Segment Start: EXTRACTED MATERIAL
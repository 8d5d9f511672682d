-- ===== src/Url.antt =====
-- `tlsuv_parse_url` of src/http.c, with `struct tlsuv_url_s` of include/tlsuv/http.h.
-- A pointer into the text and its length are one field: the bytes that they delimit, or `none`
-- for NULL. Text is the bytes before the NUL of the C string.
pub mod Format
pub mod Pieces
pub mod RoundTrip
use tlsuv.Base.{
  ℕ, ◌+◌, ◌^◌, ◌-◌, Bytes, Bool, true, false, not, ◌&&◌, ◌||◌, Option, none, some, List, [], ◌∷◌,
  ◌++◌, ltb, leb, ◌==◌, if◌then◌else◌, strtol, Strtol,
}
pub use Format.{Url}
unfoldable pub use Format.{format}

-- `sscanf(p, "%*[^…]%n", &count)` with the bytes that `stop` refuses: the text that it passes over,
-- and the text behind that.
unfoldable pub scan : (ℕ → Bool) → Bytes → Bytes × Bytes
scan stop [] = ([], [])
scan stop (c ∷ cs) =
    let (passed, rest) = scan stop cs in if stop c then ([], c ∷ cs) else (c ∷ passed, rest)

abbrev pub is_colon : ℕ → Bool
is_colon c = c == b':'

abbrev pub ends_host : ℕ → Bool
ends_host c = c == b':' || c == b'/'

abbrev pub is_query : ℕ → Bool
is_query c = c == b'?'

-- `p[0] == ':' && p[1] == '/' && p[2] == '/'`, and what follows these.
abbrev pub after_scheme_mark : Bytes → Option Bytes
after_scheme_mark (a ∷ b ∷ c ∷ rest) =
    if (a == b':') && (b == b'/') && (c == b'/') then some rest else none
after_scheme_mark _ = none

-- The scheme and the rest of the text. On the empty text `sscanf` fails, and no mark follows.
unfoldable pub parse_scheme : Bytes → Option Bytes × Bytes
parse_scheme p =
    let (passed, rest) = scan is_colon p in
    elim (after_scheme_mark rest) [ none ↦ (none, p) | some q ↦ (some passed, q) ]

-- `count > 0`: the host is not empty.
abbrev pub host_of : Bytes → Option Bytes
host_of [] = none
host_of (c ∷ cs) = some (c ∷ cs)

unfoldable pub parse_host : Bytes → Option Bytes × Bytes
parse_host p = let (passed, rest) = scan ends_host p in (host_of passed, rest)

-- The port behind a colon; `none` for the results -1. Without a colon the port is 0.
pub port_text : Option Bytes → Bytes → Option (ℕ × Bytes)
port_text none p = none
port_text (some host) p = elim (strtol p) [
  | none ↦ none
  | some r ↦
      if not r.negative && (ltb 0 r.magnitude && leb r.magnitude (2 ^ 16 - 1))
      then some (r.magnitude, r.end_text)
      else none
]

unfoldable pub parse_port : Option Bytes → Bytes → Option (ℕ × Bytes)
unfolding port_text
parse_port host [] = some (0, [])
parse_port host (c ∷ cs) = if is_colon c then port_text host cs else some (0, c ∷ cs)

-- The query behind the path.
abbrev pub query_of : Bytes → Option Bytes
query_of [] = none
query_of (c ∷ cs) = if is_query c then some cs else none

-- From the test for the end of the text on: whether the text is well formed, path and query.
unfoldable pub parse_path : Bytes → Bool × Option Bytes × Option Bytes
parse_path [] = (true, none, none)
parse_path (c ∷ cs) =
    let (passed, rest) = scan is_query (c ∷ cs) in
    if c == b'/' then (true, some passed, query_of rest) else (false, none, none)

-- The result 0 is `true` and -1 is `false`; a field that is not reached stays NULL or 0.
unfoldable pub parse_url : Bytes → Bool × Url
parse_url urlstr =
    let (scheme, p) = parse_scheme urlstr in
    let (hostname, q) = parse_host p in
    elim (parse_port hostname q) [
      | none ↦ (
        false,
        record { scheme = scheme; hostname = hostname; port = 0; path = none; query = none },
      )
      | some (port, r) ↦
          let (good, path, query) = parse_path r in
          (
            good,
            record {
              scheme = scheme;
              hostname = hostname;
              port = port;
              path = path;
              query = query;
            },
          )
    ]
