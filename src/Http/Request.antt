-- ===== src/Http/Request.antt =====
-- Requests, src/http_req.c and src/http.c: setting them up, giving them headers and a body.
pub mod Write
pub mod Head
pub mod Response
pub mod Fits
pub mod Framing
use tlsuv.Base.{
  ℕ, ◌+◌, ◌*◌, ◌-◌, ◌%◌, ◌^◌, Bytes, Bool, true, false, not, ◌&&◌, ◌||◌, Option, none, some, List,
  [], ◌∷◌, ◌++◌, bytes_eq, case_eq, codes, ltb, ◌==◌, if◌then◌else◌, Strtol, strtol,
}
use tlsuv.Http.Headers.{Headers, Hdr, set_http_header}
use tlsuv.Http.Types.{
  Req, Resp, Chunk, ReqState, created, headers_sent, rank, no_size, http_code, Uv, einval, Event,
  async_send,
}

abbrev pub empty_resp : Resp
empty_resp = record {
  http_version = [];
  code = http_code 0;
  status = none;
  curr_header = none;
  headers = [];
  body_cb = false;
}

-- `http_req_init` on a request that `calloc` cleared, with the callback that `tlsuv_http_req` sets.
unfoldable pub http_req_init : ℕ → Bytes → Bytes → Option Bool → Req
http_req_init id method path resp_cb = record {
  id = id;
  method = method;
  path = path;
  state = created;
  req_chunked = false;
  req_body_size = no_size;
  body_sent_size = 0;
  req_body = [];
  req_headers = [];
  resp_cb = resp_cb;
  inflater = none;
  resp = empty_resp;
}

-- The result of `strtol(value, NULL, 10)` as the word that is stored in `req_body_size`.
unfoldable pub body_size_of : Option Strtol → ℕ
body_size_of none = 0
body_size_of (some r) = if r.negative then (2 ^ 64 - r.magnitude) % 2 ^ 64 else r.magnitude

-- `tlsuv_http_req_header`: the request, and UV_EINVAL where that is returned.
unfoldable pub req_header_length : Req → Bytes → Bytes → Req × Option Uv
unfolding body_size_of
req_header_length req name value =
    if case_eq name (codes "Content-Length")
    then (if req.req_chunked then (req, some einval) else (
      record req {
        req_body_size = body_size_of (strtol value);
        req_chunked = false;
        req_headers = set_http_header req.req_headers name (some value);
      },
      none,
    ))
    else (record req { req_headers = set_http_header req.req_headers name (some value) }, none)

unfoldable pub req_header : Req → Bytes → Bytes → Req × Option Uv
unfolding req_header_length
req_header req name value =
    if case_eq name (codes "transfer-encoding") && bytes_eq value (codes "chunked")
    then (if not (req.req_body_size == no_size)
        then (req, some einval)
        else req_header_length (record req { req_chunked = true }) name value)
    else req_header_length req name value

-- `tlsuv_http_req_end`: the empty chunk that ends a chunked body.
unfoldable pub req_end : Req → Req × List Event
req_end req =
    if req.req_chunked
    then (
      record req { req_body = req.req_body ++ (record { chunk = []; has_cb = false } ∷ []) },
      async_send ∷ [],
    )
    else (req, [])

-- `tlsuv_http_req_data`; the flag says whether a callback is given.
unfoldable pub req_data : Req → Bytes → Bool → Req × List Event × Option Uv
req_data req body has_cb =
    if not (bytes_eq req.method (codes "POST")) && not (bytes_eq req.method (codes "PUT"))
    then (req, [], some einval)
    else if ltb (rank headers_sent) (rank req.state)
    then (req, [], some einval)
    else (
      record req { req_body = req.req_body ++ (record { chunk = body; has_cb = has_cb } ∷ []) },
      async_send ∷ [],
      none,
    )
Segment End: EXTRACTED MATERIAL
Report each line in the preceding entries that holds the string "record".

        record { scheme = scheme; hostname = hostname; port = 0; path = none; query = none },
            record {
empty_resp = record {
http_req_init id method path resp_cb = record {
      record req {
    else (record req { req_headers = set_http_header req.req_headers name (some value) }, none)
        else req_header_length (record req { req_chunked = true }) name value)
      record req { req_body = req.req_body ++ (record { chunk = []; has_cb = false } ∷ []) },
      record req { req_body = req.req_body ++ (record { chunk = body; has_cb = has_cb } ∷ []) },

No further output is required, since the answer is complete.